**Material supplied:**
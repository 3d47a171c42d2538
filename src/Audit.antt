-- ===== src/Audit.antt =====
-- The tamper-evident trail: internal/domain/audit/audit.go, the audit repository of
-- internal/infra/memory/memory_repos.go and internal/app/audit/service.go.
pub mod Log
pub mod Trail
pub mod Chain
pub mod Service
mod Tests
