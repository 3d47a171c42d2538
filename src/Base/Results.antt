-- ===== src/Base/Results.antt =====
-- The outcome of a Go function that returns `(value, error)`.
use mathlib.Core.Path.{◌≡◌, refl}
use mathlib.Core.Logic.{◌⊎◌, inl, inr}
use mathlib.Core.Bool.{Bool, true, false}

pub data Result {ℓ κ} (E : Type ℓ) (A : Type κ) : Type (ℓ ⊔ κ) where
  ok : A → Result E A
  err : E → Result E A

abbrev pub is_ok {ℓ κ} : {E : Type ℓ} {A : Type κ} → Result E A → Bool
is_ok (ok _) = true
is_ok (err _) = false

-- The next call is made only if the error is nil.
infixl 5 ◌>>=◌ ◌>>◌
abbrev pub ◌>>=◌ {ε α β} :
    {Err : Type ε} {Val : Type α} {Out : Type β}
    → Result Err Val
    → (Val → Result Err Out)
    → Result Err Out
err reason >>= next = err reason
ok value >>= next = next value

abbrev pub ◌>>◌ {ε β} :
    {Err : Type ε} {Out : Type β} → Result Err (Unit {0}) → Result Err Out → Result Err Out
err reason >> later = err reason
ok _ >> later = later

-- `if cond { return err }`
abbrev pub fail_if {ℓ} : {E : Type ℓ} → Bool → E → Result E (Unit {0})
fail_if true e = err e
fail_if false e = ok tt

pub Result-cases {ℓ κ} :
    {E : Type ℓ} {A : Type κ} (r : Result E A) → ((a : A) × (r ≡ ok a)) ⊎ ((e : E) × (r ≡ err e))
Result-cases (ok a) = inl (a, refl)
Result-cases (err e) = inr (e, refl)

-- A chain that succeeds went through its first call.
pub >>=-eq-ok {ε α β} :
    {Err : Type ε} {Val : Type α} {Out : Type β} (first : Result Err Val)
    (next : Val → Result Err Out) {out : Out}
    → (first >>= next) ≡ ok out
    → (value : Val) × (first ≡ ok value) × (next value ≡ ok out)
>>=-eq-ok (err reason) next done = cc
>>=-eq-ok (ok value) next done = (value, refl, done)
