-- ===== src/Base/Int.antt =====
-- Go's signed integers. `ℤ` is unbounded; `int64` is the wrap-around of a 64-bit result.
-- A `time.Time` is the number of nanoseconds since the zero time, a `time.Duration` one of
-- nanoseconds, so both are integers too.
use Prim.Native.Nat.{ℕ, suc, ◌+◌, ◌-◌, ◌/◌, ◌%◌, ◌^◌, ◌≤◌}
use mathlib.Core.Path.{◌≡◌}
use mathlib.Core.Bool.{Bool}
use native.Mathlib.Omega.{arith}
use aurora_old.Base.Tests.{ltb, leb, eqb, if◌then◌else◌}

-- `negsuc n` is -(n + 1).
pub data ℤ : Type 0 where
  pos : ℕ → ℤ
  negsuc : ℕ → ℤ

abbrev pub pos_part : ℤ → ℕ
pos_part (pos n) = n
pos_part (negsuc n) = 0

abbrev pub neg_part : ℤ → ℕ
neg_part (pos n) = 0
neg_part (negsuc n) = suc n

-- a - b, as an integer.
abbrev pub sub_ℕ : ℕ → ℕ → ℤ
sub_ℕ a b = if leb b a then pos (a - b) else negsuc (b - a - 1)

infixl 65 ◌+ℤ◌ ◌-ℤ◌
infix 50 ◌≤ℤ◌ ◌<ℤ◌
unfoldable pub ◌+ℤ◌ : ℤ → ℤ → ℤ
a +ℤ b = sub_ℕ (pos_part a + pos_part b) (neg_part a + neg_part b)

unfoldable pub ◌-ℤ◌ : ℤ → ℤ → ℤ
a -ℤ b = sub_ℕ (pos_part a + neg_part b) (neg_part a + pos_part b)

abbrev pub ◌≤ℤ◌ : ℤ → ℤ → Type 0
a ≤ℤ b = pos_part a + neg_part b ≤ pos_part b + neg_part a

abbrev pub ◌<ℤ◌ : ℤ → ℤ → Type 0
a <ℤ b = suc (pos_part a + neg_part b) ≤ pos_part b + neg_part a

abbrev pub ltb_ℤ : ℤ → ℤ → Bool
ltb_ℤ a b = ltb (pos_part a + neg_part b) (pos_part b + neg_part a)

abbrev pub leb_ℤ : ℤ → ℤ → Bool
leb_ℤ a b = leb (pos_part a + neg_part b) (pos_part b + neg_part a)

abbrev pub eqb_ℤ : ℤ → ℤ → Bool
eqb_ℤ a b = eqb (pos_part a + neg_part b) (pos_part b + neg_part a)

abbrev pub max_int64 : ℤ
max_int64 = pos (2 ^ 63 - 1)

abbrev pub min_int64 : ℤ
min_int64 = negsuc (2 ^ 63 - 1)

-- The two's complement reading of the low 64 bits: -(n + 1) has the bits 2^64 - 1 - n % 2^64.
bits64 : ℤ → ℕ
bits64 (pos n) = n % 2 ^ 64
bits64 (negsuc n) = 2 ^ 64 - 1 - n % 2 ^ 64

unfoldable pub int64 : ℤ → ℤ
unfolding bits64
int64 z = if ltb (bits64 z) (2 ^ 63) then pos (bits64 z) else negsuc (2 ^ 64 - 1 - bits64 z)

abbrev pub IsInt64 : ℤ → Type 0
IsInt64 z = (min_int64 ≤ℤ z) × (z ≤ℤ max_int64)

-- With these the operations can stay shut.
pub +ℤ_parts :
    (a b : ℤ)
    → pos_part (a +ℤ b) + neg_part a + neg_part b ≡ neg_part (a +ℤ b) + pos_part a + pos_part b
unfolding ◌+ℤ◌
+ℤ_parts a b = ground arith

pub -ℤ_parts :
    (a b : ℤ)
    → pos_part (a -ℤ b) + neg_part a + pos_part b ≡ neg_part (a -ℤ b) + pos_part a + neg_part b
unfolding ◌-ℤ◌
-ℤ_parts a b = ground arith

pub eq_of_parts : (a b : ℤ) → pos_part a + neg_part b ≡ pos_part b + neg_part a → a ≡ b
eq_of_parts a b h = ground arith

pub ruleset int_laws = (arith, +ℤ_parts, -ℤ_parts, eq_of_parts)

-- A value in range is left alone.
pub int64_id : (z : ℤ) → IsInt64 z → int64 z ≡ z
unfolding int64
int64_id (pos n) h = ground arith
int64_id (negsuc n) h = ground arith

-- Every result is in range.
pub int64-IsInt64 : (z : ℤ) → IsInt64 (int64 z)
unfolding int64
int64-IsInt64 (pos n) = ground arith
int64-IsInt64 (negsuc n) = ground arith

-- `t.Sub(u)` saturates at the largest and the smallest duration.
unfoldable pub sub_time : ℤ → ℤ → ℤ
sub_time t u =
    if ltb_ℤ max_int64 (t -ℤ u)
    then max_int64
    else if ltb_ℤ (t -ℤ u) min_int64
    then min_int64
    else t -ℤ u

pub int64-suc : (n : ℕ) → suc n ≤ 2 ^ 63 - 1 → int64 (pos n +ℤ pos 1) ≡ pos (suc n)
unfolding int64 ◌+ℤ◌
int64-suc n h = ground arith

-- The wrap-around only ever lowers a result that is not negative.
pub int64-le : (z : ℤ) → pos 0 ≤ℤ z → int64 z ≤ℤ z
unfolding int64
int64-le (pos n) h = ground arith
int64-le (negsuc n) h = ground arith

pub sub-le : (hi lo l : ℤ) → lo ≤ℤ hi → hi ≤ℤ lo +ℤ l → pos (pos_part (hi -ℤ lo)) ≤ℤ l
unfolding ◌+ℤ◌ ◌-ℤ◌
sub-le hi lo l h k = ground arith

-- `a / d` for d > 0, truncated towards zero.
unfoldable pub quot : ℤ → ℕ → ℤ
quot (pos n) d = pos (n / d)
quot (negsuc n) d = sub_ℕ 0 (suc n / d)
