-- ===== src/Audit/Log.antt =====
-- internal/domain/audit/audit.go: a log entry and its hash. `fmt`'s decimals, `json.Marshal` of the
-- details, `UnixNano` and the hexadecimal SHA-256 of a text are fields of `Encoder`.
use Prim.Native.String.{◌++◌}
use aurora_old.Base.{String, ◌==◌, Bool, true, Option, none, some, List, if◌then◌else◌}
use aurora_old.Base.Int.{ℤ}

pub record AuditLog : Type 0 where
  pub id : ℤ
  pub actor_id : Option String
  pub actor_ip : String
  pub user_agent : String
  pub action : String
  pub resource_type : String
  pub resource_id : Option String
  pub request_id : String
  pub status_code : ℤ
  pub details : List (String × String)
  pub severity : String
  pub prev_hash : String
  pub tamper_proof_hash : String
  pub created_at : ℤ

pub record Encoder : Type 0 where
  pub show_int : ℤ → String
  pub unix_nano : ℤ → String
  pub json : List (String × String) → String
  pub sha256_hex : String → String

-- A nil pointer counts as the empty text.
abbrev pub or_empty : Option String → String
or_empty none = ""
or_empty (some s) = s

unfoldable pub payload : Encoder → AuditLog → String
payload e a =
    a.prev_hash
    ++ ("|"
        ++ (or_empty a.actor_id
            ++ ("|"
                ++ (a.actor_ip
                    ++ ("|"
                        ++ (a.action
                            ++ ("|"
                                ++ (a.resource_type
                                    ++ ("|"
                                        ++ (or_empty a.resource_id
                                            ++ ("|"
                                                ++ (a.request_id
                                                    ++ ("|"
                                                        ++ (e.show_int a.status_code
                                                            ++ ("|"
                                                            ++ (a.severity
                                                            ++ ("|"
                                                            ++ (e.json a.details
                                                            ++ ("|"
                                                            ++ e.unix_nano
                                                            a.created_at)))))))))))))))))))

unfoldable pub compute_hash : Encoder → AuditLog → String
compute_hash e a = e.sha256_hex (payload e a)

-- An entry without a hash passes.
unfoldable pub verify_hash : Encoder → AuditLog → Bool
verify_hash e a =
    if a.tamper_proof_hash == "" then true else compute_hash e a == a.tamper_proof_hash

**Exercise directions:** Starting at the line with "leb_ℤ a b = leb" and ending at the line with "eq_of_parts a b h = ground arith", print each line of the listing above exactly, with no other lines.

**Problem solution:**
leb_ℤ a b = leb (pos_part a + neg_part b) (pos_part b + neg_part a)

abbrev pub eqb_ℤ : ℤ → ℤ → Bool
eqb_ℤ a b = eqb (pos_part a + neg_part b) (pos_part b + neg_part a)

abbrev pub max_int64 : ℤ
max_int64 = pos (2 ^ 63 - 1)

abbrev pub min_int64 : ℤ
min_int64 = negsuc (2 ^ 63 - 1)

-- The two's complement reading of the low 64 bits: -(n + 1) has the bits 2^64 - 1 - n % 2^64.
bits64 : ℤ → ℕ
bits64 (pos n) = n % 2 ^ 64
bits64 (negsuc n) = 2 ^ 64 - 1 - n % 2 ^ 64

unfoldable pub int64 : ℤ → ℤ
unfolding bits64
int64 z = if ltb (bits64 z) (2 ^ 63) then pos (bits64 z) else negsuc (2 ^ 64 - 1 - bits64 z)

abbrev pub IsInt64 : ℤ → Type 0
IsInt64 z = (min_int64 ≤ℤ z) × (z ≤ℤ max_int64)

-- With these the operations can stay shut.
pub +ℤ_parts :
    (a b : ℤ)
    → pos_part (a +ℤ b) + neg_part a + neg_part b ≡ neg_part (a +ℤ b) + pos_part a + pos_part b
unfolding ◌+ℤ◌
+ℤ_parts a b = ground arith

pub -ℤ_parts :
    (a b : ℤ)
    → pos_part (a -ℤ b) + neg_part a + pos_part b ≡ neg_part (a -ℤ b) + pos_part a + neg_part b
unfolding ◌-ℤ◌
-ℤ_parts a b = ground arith

pub eq_of_parts : (a b : ℤ) → pos_part a + neg_part b ≡ pos_part b + neg_part a → a ≡ b
eq_of_parts a b h = ground arith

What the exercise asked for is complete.